From the listing below, select every line where the word "subst" appears.

___ PROVIDED RECORDS

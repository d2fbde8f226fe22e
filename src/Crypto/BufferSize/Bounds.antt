-- ===== src/Crypto/BufferSize/Bounds.antt =====
-- The buffer for a processor's output holds what the processor makes of its input's buffer.
use native.Mathlib.Nat.{eq_of_mul-eq-mul_right, lt_of_mul-lt-mul_right}
use cpp_essence.Prelude.{ℕ, zero, suc, ◌*◌, ◌/◌, ◌<◌, ◌≡◌, refl, ap, Option, none, some, arith}
use cpp_essence.Numeric.Gcd.{gcd}
use cpp_essence.Numeric.Rational.{pos, Rational, make_rational, multiply, simplify_again, ◌*ℤ◌}
use cpp_essence.Numeric.Rational.Ceiling.{ceil-least}
use cpp_essence.Numeric.Rational.Terms.{simplify-pos, signed-false}
use cpp_essence.Numeric.PowerOfTwo.{ceil_power_of_two}
use cpp_essence.Crypto.BufferSize.{
  to_size_t, scaled, rounded, power, extended, calculate_output_buffer_size,
}

-- A fraction of numbers that is equal to another one.
record Reduced (n d : ℕ) (o : Option Rational) : Type 0 where
  top : ℕ
  bottom : ℕ
  result : o ≡ some (record { numerator = pos top; denominator = pos bottom })
  bottom_pos : 0 < bottom
  same : top * d ≡ n * bottom

product_pos : (x y : ℕ) → 0 < x → 0 < y → 0 < x * y
product_pos (suc x) (suc y) h k = omega arith
product_pos zero y h k = ground (arith, h)
product_pos (suc x) zero h k = ground (arith, k)

-- A product with a factor of numbers, simplified.
scaled-Reduced :
    (n a b : ℕ)
    → 0 < b
    → Reduced
        (n * a)
        b
        (scaled (record { numerator = pos a; denominator = pos b }) (make_rational (pos n) (pos 1)))
unfolding scaled make_rational multiply simplify_again ◌*ℤ◌
scaled-Reduced n a b h =
    let n1 = n / gcd n 1 in
    let d1 = 1 / gcd n 1 in
    let (made, d1_pos, same1) = simplify-pos n 1 (omega arith) in
    let d_pos : 0 < d1 * b = product_pos d1 b d1_pos h in
    let n2 = n1 * a / gcd (n1 * a) (d1 * b) in
    let d2 = d1 * b / gcd (n1 * a) (d1 * b) in
    let (once, d2_pos, same2) = simplify-pos (n1 * a) (d1 * b) d_pos in
    let (twice, d3_pos, same3) = simplify-pos n2 d2 d2_pos in
    let n3 = n2 / gcd n2 d2 in
    let d3 = d2 / gcd n2 d2 in
    record {
      top = n3;
      bottom = d3;
      result = rw (made, signed-false (n1 * a), signed-false (d1 * b), once, twice) refl;
      bottom_pos = d3_pos;
      same =
          eq_of_mul-eq-mul_right (d1 * d2) (product_pos d1 d2 d1_pos d2_pos) (n3 * b) (n * a * d3) (
            omega (
              arith,
              ap (λ (t : ℕ). t * (d1 * b)) same3,
              ap (λ (t : ℕ). t * d3) same2,
              ap (λ (t : ℕ). t * (a * d2 * d3)) same1,
            ));
    }

-- A chain has the factor zero: the number whose power of two is to be found is zero, and the shift
-- is by 64 bits.
pub calculate_output_buffer_size-zero :
    (n extra : ℕ)
    → calculate_output_buffer_size n (record { numerator = pos 0; denominator = pos 1 }) extra
      ≡ none
unfolding calculate_output_buffer_size rounded power extended to_size_t ceil_power_of_two
calculate_output_buffer_size-zero n extra =
    let r = scaled-Reduced n 0 1 (omega arith) in
    let (c, ceiling, above, below) = ceil-least r.top r.bottom r.bottom_pos in
    let nothing : r.top ≡ 0 = omega (arith, r.same) in
    let c_few : c < 1 =
      lt_of_mul-lt-mul_right r.bottom {m = c} {n = 1} (omega (arith, below, nothing)) in
    let c_zero : c ≡ 0 = omega (arith, c_few) in rw (r.result, ceiling, c_zero) refl
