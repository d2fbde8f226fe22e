-- ===== src/Memory/SwappingBuffer.antt =====
-- `swapping_buffer` of include/essence/memory/swapping_buffer.hpp, over any type of spans with an
-- empty one, and the scope of `set_temporary_out`, which include/essence/scope.hpp ends.
pub mod Alternation
use cpp_essence.Prelude.{Bool, true, false, not, if◌then◌else◌}

pub record SwappingBuffer {ℓ} (S : Type ℓ) : Type ℓ where
  pub swapping : Bool
  pub swapped_out : S
  pub unswapped_out : S
  pub current_in : S
  pub current_out : S

module _ {ℓ} {S : Type ℓ} where
  -- The constructor from two outputs; the input is the empty span.
  unfoldable pub new_swapping_buffer : S → S → S → SwappingBuffer S
  new_swapping_buffer empty swapped_out unswapped_out = record {
    swapping = false;
    swapped_out = swapped_out;
    unswapped_out = unswapped_out;
    current_in = empty;
    current_out = unswapped_out;
  }

  unfoldable pub reset : S → SwappingBuffer S → SwappingBuffer S
  reset input b = record b { current_in = input; current_out = b.unswapped_out; swapping = false }

  unfoldable pub set_out : S → S → S → SwappingBuffer S → SwappingBuffer S
  unfolding reset
  set_out swapped_out unswapped_out input b =
      reset input (record b { swapped_out = swapped_out; unswapped_out = unswapped_out })

  unfoldable pub swap : SwappingBuffer S → SwappingBuffer S
  swap b =
      let swapping = not b.swapping in
      record b {
        current_in = b.current_out;
        swapping = swapping;
        current_out = if swapping then b.swapped_out else b.unswapped_out;
      }

  unfoldable pub original_out : SwappingBuffer S → S
  original_out b = if b.swapping then b.swapped_out else b.unswapped_out

  -- An assignment to `out()`.
  unfoldable pub assign_out : S → SwappingBuffer S → SwappingBuffer S
  assign_out s b = record b { current_out = s }

  -- The exit handler of `set_temporary_out`, which holds the outputs from before the scope.
  unfoldable pub exit_temporary_out : S → SwappingBuffer S → SwappingBuffer S → SwappingBuffer S
  unfolding set_out reset
  exit_temporary_out empty before b =
      reset empty (set_out before.swapped_out before.unswapped_out empty b)
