-- ===== src/Crypto/Pipeline.antt =====
-- What a chain of chunk processors promises, without buffers: include/essence/crypto/chunk_processor.hpp
-- and the equations in the comment of src/crypto/chunk_processor.cpp. How a processor of OpenSSL
-- works is a parameter: from its state and a chunk it makes a state and a chunk, and its call says
-- whether it succeeded. Sizes stand below 2 ^ 31 here, where the casts to int32 keep them.
pub mod Streaming
pub mod Nested
use cpp_essence.Prelude.{Bool, List, [], ◌∷◌, ◌++◌, Bytes}

pub record Processing {ℓ} (P : Type ℓ) : Type ℓ where
  pub update : P → Bytes → P × Bytes
  pub finalize : P → P × Bytes
  pub accepts : P → Bytes → Bool
  pub accepts_end : P → Bool

module _ {ℓ} {P : Type ℓ} (c : Processing P) where
  open c use {update, finalize}

  -- A chunk goes through all processors.
  unfoldable pub pipe_update : List P → Bytes → List P × Bytes
  pipe_update [] chunk = ([], chunk)
  pipe_update (p ∷ ps) chunk =
      let (p', out) = update p chunk in let (ps', last) = pipe_update ps out in (p' ∷ ps', last)

  -- G1 = F1, Gn = Un(Gn-1) + Fn, from a chunk on.
  unfoldable pub pipe_finalize_from : List P → Bytes → List P × Bytes
  pipe_finalize_from [] chunk = ([], chunk)
  pipe_finalize_from (p ∷ ps) chunk =
      let (p', out) = update p chunk in
      let (p'', last) = finalize p' in
      let (ps', g) = pipe_finalize_from ps (out ++ last) in (p'' ∷ ps', g)

  unfoldable pub pipe_finalize : List P → List P × Bytes
  unfolding pipe_finalize_from
  pipe_finalize [] = ([], [])
  pipe_finalize (p ∷ ps) =
      let (p', first) = finalize p in let (ps', g) = pipe_finalize_from ps first in (p' ∷ ps', g)

  -- All that comes out for these chunks and at the end.
  unfoldable pub pipe_all : List P → List Bytes → Bytes
  unfolding pipe_update pipe_finalize
  pipe_all ps [] = (pipe_finalize ps).1
  pipe_all ps (chunk ∷ rest) = (pipe_update ps chunk).1 ++ pipe_all (pipe_update ps chunk).0 rest
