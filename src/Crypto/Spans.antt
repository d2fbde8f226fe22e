-- ===== src/Crypto/Spans.antt =====
-- Memory as src/crypto/chunk_processing_helper.hpp sees it: regions of bytes and spans of them, and
-- what a call of OpenSSL does to a span, which writes as many bytes as it makes.
use cpp_essence.Prelude.{
  ℕ, ◌+◌, ◌≤◌, ◌≡◌, refl, true, not, ◌||◌, Bool, ◌++◌, Bytes, length, take, drop, leb, ◌==◌,
  if◌then◌else◌, arith, splice, splice-append, read-splice,
}

pub record Span : Type 0 where
  pub region : ℕ
  pub start : ℕ
  pub size : ℕ

abbrev pub Heap : Type 0
Heap = ℕ → Bytes

unfoldable pub read : Span → Heap → Bytes
read s h = take s.size (drop s.start (h s.region))

unfoldable pub write : Span → Bytes → Heap → Heap
unfolding splice
write s bytes h = λ r. if r == s.region then splice s.start bytes (h r) else h r

-- Of another region, or beside one another.
unfoldable pub apart : Span → Span → Bool
apart a b =
    not (a.region == b.region) || leb (a.start + a.size) b.start || leb (b.start + b.size) a.start

-- What is left; or an exception was thrown; or why the memory is not what the caller takes it for:
-- more was written than the span holds, or the input was overwritten.
pub data Effect {ℓ} (A : Type ℓ) : Type ℓ where
  done : A → Effect A
  overrun : Effect A
  overlap : Effect A
  thrown : Effect A

infixl 20 ◌>>=◌
unfoldable pub ◌>>=◌ {ℓ κ} : {A : Type ℓ} {B : Type κ} → Effect A → (A → Effect B) → Effect B
done a >>= f = f a
overrun >>= f = overrun
overlap >>= f = overlap
thrown >>= f = thrown

-- `output = output.subspan(0, size)` behind a call that wrote these bytes at its beginning.
unfoldable pub put : Bytes → Span → Heap → Effect (Span × Heap)
unfolding write
put bytes out h =
    if leb (length bytes) out.size
    then done (record out { size = length bytes }, write out bytes h)
    else overrun

same : (r : ℕ) → (r == r) ≡ true
same r = ground arith

pub write-region :
    (s : Span) (bytes : Bytes) (h : Heap)
    → write s bytes h s.region ≡ splice s.start bytes (h s.region)
unfolding write
write-region s bytes h = rw (same s.region) refl

pub read-write :
    (s : Span) (bytes : Bytes) (h : Heap)
    → s.start ≤ length (h s.region)
    → read (record s { size = length bytes }) (write s bytes h) ≡ bytes
unfolding read write
read-write s bytes h fits = rw (same s.region) (read-splice s.start bytes (h s.region) fits)

-- Bytes written behind those of another call are read with them.
pub read-write_behind :
    (s : Span) (bs cs : Bytes) (h : Heap) (rest size : ℕ)
    → s.start ≤ length (h s.region)
    → size ≡ length (bs ++ cs)
    → read
        (record s { size = size })
        (write
          (record { region = s.region; start = s.start + length bs; size = rest })
          cs
          (write s bs h))
      ≡ bs ++ cs
unfolding read write
read-write_behind s bs cs h rest size fits e =
    rw (same s.region, e, splice-append s.start bs cs (h s.region) fits)
      (read-splice s.start (bs ++ cs) (h s.region) fits)
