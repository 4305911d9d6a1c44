-- ===== src/Agent/Main.antt =====
-- The start of the agent: `main` and `ensureSocketDirectory` of cmd/multivpc-eni-agent/main.go. The
-- operating system, `filepath.Dir` and the libraries are parameters.
pub mod Laws
use multus_multivpc_cni.Base.{
  ℕ, Text, text, text_eq, Option, some, [], ◌∷◌, Result, ok, err, ◌==◌, if◌then◌else◌,
}
use multus_multivpc_cni.Base.Int.{ℤ, pos, negsuc}
use multus_multivpc_cni.Base.Programs.{M, pure, fail, wrap, check, ◌>>=◌, ◌>>◌}
use multus_multivpc_cni.Config.{Config, LoadError, load}
use multus_multivpc_cni.Aws.Types.{Manager}
use multus_multivpc_cni.Aws.Manager.{IdentityDocument, NewManagerError, new_manager}
use multus_multivpc_cni.Kube.{Informers, PodWatcher, new_pod_watcher}
use multus_multivpc_cni.Kube.Client.{ClientGo, build_kube_client}
use multus_multivpc_cni.Agent.Messages.{Pod}
use multus_multivpc_cni.Agent.Server.{AgentServer, new_agent_metrics, new_agent_server}
use multus_multivpc_cni.Agent.Watch.{agent_handler}

-- The flags that the start depends on.
pub record Flags : Type 0 where
  pub grpc_socket : Text
  pub queue_size : ℤ
  pub node_name : Text
  pub kubeconfig : Text
  pub network_profiles : Text
  pub aws_region : Text

-- The flags' defaults, some of them from the environment.
abbrev pub default_flags : (Text → Text) → Flags
default_flags getenv = record {
  grpc_socket = text "/run/multivpc-eni-agent.sock";
  queue_size = pos 128;
  node_name = getenv (text "NODE_NAME");
  kubeconfig = getenv (text "KUBECONFIG");
  network_profiles = text "/etc/multivpc/network-profiles.yaml";
  aws_region = getenv (text "AWS_REGION");
}

pub record Platform : Type 1 where
  pub State : Type 0
  pub Error : Type 0
  pub AwsConfig : Type 0
  pub client_go : ClientGo
  pub informers : client_go.Client → Informers Pod
  pub read_file : Text → Result Error Text
  pub unmarshal : Text → Result Error Config
  pub load_aws_config : Text → Result Error AwsConfig
  pub get_identity : AwsConfig → Result Error IdentityDocument
  pub dir : Text → Text
  pub mkdir_all : Text → State → Result Error (Unit {0}) × State
  pub remove_all : Text → State → Result Error (Unit {0}) × State
  pub listen : Text → State → Result Error (Unit {0}) × State

-- How a start ends early: the calls of `log.Fatal`, and the panic of `make(chan, n)` at a negative
-- size.
pub data StartError (p : Platform) : Type 0 where
  node_name_not_set aws_region_not_set : StartError p
  load_network_profiles : LoadError p.Error → StartError p
  initialise_aws_manager : NewManagerError p.Error → StartError p
  initialise_kubernetes_client : p.client_go.Error → StartError p
  makechan_panic : StartError p
  create_pod_watcher : (c : p.client_go.Client) → (p.informers c).Error → StartError p
  prepare_socket listen_on_unix_socket : p.Error → StartError p

-- What runs once the agent has started.
pub record Started (p : Platform) : Type 0 where
  pub manager : Manager
  pub server : AgentServer
  pub client : p.client_go.Client
  pub watcher : PodWatcher (p.informers client) AgentServer

module _ (p : Platform) where
  abbrev pub Start : Type 0 → Type 0
  Start A = M p.State (StartError p) A

  unfoldable pub ensure_socket_directory : Text → M p.State p.Error (Unit {0})
  ensure_socket_directory path = do p.mkdir_all (p.dir path); p.remove_all path

  -- `make(chan syncJob, n)`
  abbrev pub make_queue : ℤ → Start ℕ
  make_queue (pos n) = pure n
  make_queue (negsuc n) = fail makechan_panic

  -- What follows once all parts are there.
  unfoldable pub open_socket : Flags → Started p → Start (Started p)
  unfolding ensure_socket_directory
  open_socket flags st = do
    wrap prepare_socket (ensure_socket_directory flags.grpc_socket)
    wrap listen_on_unix_socket (p.listen flags.grpc_socket)
    pure st

  unfoldable pub start_watcher :
      Flags → Manager → AgentServer → p.client_go.Client → Start (Started p)
  unfolding open_socket
  start_watcher flags manager server client = do
    watcher ←
        check (create_pod_watcher client)
          (new_pod_watcher (p.informers client) flags.node_name agent_handler)
    open_socket flags
        (record { manager = manager; server = server; client = client; watcher = watcher })

  unfoldable pub start_server : Flags → Config → Manager → p.client_go.Client → Start (Started p)
  unfolding start_watcher
  start_server flags cfg manager client = do
    queue_size ← make_queue flags.queue_size
    start_watcher flags manager
        (new_agent_server (some cfg) flags.node_name new_agent_metrics queue_size) client

  unfoldable pub start_parts : Flags → Start (Started p)
  unfolding start_server
  start_parts flags = do
    cfg ← check load_network_profiles (load p.read_file p.unmarshal flags.network_profiles)
    manager ←
        check initialise_aws_manager (new_manager p.load_aws_config p.get_identity flags.aws_region)
    client ← check initialise_kubernetes_client (build_kube_client p.client_go flags.kubeconfig)
    start_server flags cfg manager client

  -- `main` up to the point where it serves and waits for a signal.
  unfoldable pub main : Flags → Start (Started p)
  unfolding start_parts
  main flags =
      if flags.node_name == []
      then fail node_name_not_set
      else if flags.aws_region == []
      then fail aws_region_not_set
      else start_parts flags
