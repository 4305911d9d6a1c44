-- ===== src/Config/Laws.antt =====
-- What `Load` in pkg/config/config.go returns.
use multus_multivpc_cni.Base.{Text, text_eq, Result, ok, none}
use multus_multivpc_cni.Base.{◌≡◌, ◌≢◌, arith}
use multus_multivpc_cni.Config.{Config, load}

module _ {E : Type 0} (read_file : Text → Result E Text) (unmarshal : Text → Result E Config) where
  -- A loaded configuration never has a nil map of profiles, whichever path it was loaded from.
  pub load-profiles_some :
      (path : Text) {c : Config} → load read_file unmarshal path ≡ ok c → c.network_profiles ≢ none
  unfolding load
  load-profiles_some path h = ground arith
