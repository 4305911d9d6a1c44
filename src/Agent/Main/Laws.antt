-- ===== src/Agent/Main/Laws.antt =====
-- What has happened when the agent of cmd/multivpc-eni-agent/main.go has started.
use multus_multivpc_cni.Base.{
  ℕ, Text, text_eq, none, some, [], ok, Result-cases, inl, inr, ◌≡◌, ◌≢◌, refl, sym, ap, ◌∙◌, subst,
  arith,
}
use multus_multivpc_cni.Base.Int.{ℤ, pos, negsuc}
use multus_multivpc_cni.Base.Programs.{check, ◌>>=◌, bind_ok, check_ok}
use multus_multivpc_cni.Config.{Config, load}
use multus_multivpc_cni.Config.Laws.{load-profiles_some}
use multus_multivpc_cni.Aws.Types.{Manager}
use multus_multivpc_cni.Aws.Ec2.{Ec2}
use multus_multivpc_cni.Aws.Manager.{new_manager, eni_manager}
use multus_multivpc_cni.Kube.{new_pod_watcher}
use multus_multivpc_cni.Kube.Client.{build_kube_client}
use multus_multivpc_cni.Agent.Server.{new_agent_metrics, new_agent_server}
use multus_multivpc_cni.Agent.Steps.{System, idle, Reach}
use multus_multivpc_cni.Agent.Invariant.Reached.{IsConsistent, Reach-IsConsistent}
use multus_multivpc_cni.Agent.Watch.{agent_handler}
use multus_multivpc_cni.Agent.Main.{
  Flags, Platform, Started, Start, load_network_profiles, initialise_aws_manager,
  initialise_kubernetes_client, create_pod_watcher, make_queue, ensure_socket_directory,
  open_socket, start_watcher, start_server, start_parts, main,
}

module _ (p : Platform) where
  -- The socket was listened on right after its directory was made and what stood in its place was
  -- removed.
  pub record IsListening (path : Text) (s : p.State) : Type 0 where
    pub made : (p.mkdir_all (p.dir path) s).0 ≡ ok tt
    pub removed : (p.remove_all path (p.mkdir_all (p.dir path) s).1).0 ≡ ok tt
    pub listening : (p.listen path (p.remove_all path (p.mkdir_all (p.dir path) s).1).1).0 ≡ ok tt

  open_socket_ok :
      (flags : Flags) (st : Started p) (s : p.State) {r : Started p}
      → (open_socket p flags st s).0 ≡ ok r
      → IsListening flags.grpc_socket s × (st ≡ r)
  unfolding open_socket ensure_socket_directory
  open_socket_ok flags st s h = elim (Result-cases (p.mkdir_all (p.dir flags.grpc_socket) s).0) [
    | inl (e, f) ↦ absurd (ground arith)
    | inr (_, f) ↦
        elim (Result-cases
          (p.remove_all flags.grpc_socket (p.mkdir_all (p.dir flags.grpc_socket) s).1).0) [
            | inl (e, g) ↦ absurd (ground arith)
            | inr (_, g) ↦
                elim (Result-cases
                  (p.listen flags.grpc_socket
                    (p.remove_all flags.grpc_socket
                      (p.mkdir_all (p.dir flags.grpc_socket) s).1).1).0) [
                        | inl (e, k) ↦ absurd (ground arith)
                        | inr (_, k) ↦ ground arith
                      ]
          ]
  ]

  -- What the start has made of the parts that were there before.
  pub record IsServing (flags : Flags) (cfg : Config) (s : p.State) (st : Started p) : Type 0 where
    pub size : ℕ
    pub sized : flags.queue_size ≡ pos size
    pub served : st.server ≡ new_agent_server (some cfg) flags.node_name new_agent_metrics size
    pub watched :
        new_pod_watcher (p.informers st.client) flags.node_name agent_handler ≡ ok st.watcher
    pub listens : IsListening flags.grpc_socket s

  make_queue_ok :
      (z : ℤ) (s t : p.State) {n : ℕ} → make_queue p z s ≡ (ok n, t) → (z ≡ pos n) × (s ≡ t)
  make_queue_ok (pos m) s t h = ground arith
  make_queue_ok (negsuc m) s t h = ground arith

  start_watcher_ok :
      (flags : Flags) (cfg : Config) (size : ℕ) (manager : Manager) (client : p.client_go.Client)
      (s : p.State) {st : Started p}
      → flags.queue_size ≡ pos size
      → (start_watcher p flags manager
          (new_agent_server (some cfg) flags.node_name new_agent_metrics size)
          client
          s).0
        ≡ ok st
      → IsServing flags cfg s st × (manager ≡ st.manager) × (client ≡ st.client)
  unfolding start_watcher
  start_watcher_ok flags cfg size manager client s sized h =
      let server = new_agent_server (some cfg) flags.node_name new_agent_metrics size in
      let created = new_pod_watcher (p.informers client) flags.node_name agent_handler in
      let (watcher, t, w, k) =
        bind_ok (check (create_pod_watcher client) created)
          (λ x.
            open_socket p flags
              (record { manager = manager; server = server; client = client; watcher = x }))
          s h in
      let (watched, same) = check_ok (create_pod_watcher client) created s t w in
      let (listens, e) =
        open_socket_ok flags
          (record { manager = manager; server = server; client = client; watcher = watcher }) t k in
      subst (λ x. IsServing flags cfg s x × (manager ≡ x.manager) × (client ≡ x.client)) e
        (
          record {
            size = size;
            sized = sized;
            served = refl;
            watched = watched;
            listens = subst (IsListening flags.grpc_socket) (sym same) listens;
          },
          refl,
          refl,
        )

  start_server_ok :
      (flags : Flags) (cfg : Config) (manager : Manager) (client : p.client_go.Client) (s : p.State)
      {st : Started p}
      → (start_server p flags cfg manager client s).0 ≡ ok st
      → IsServing flags cfg s st × (manager ≡ st.manager) × (client ≡ st.client)
  unfolding start_server
  start_server_ok flags cfg manager client s {st} h =
      let (size, t, q, k) =
        bind_ok (make_queue p flags.queue_size)
          (λ n.
            start_watcher p flags manager
              (new_agent_server (some cfg) flags.node_name new_agent_metrics n) client)
          s h in
      let (sized, same) = make_queue_ok flags.queue_size s t q in
      start_watcher_ok flags cfg size manager client s sized (
        subst
          (λ x.
            (start_watcher p flags manager
              (new_agent_server (some cfg) flags.node_name new_agent_metrics size) client x).0
            ≡ ok st)
          (sym same) k)

  -- The parts that `main` has put together.
  pub record IsStarted (flags : Flags) (s : p.State) (st : Started p) : Type 0 where
    pub has_node : flags.node_name ≢ []
    pub has_region : flags.aws_region ≢ []
    pub cfg : Config
    pub loaded : load p.read_file p.unmarshal flags.network_profiles ≡ ok cfg
    pub has_profiles : cfg.network_profiles ≢ none
    pub managed : new_manager p.load_aws_config p.get_identity flags.aws_region ≡ ok st.manager
    pub connected : build_kube_client p.client_go flags.kubeconfig ≡ ok st.client
    pub serving : IsServing flags cfg s st

  main_nonempty :
      (flags : Flags) (s : p.State) {st : Started p}
      → (main p flags s).0 ≡ ok st
      → (flags.node_name ≢ []) × (flags.aws_region ≢ []) × ((start_parts p flags s).0 ≡ ok st)
  unfolding main
  main_nonempty flags s h = ground arith

  main-IsStarted :
      (flags : Flags) (s : p.State) {st : Started p}
      → (main p flags s).0 ≡ ok st
      → IsStarted flags s st
  unfolding start_parts
  main-IsStarted flags s {st} h =
      let (has_node, has_region, h0) = main_nonempty flags s h in
      let profiles = load p.read_file p.unmarshal flags.network_profiles in
      let managers = new_manager p.load_aws_config p.get_identity flags.aws_region in
      let clients = build_kube_client p.client_go flags.kubeconfig in
      let (cfg, s1, l, h1) = bind_ok (check load_network_profiles profiles) after_load s h0 in
      let (manager, s2, m, h2) =
        bind_ok (check initialise_aws_manager managers) (after_manager cfg) s1 h1 in
      let (client, s3, c, h3) =
        bind_ok (check initialise_kubernetes_client clients) (start_server p flags cfg manager) s2
          h2 in
      let (loaded, same1) = check_ok load_network_profiles profiles s s1 l in
      let (managed, same2) = check_ok initialise_aws_manager managers s1 s2 m in
      let (connected, same3) = check_ok initialise_kubernetes_client clients s2 s3 c in
      let (serving, same_manager, same_client) = start_server_ok flags cfg manager client s3 h3 in
      record {
        has_node = has_node;
        has_region = has_region;
        cfg = cfg;
        loaded = loaded;
        has_profiles = load-profiles_some p.read_file p.unmarshal flags.network_profiles loaded;
        managed = managed ∙ ap ok same_manager;
        connected = connected ∙ ap ok same_client;
        serving = subst (λ x. IsServing flags cfg x st) (sym (same1 ∙ same2 ∙ same3)) serving;
      }
    where
      after_manager : Config → Manager → Start p (Started p)
      after_manager cfg manager =
          check initialise_kubernetes_client (build_kube_client p.client_go flags.kubeconfig)
          >>= start_server p flags cfg manager

      after_load : Config → Start p (Started p)
      after_load cfg =
          check initialise_aws_manager
            (new_manager p.load_aws_config p.get_identity flags.aws_region)
          >>= after_manager cfg

  -- An agent that has started was given a node name and a region; its profiles were loaded, and their
  -- map is not nil; it has the manager of the region, a client, an empty server with a queue of the
  -- size of the flag, which is not negative, and a watcher of the node's Pods that calls the server;
  -- and it listens on its socket after the removal of what stood there. From then on, whatever
  -- requests, events and steps of the worker come over any EC2, the agent stays consistent.
  pub main_starts :
      (flags : Flags) (s : p.State) {st : Started p}
      → (main p flags s).0 ≡ ok st
      → (started : IsStarted flags s st) × ((e : Ec2) (cloud : e.State)
            (t : System (eni_manager e st.manager))
          → Reach (record { server = st.server; worker = idle; cloud = cloud }) t
          → IsConsistent
              (eni_manager e st.manager)
              (some started.cfg)
              flags.node_name
              started.serving.size
              t)
  main_starts flags s {st} h =
      let started = main-IsStarted flags s h in
      (
        started,
        λ e cloud t r.
            Reach-IsConsistent (eni_manager e st.manager) (some started.cfg) flags.node_name
              started.serving.size cloud
              (subst
                (λ x.
                  Reach {m = eni_manager e st.manager}
                    (record { server = x; worker = idle; cloud = cloud }) t)
                started.serving.served r),
      )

______

**TASK RESPONSE**
  ℕ, Text, text_eq, none, some, [], ok, Result-cases, inl, inr, ◌≡◌, ◌≢◌, refl, sym, ap, ◌∙◌, subst,
      subst (λ x. IsServing flags cfg s x × (manager ≡ x.manager) × (client ≡ x.client)) e
            listens = subst (IsListening flags.grpc_socket) (sym same) listens;
        subst
        serving = subst (λ x. IsServing flags cfg x st) (sym (same1 ∙ same2 ∙ same3)) serving;
              (subst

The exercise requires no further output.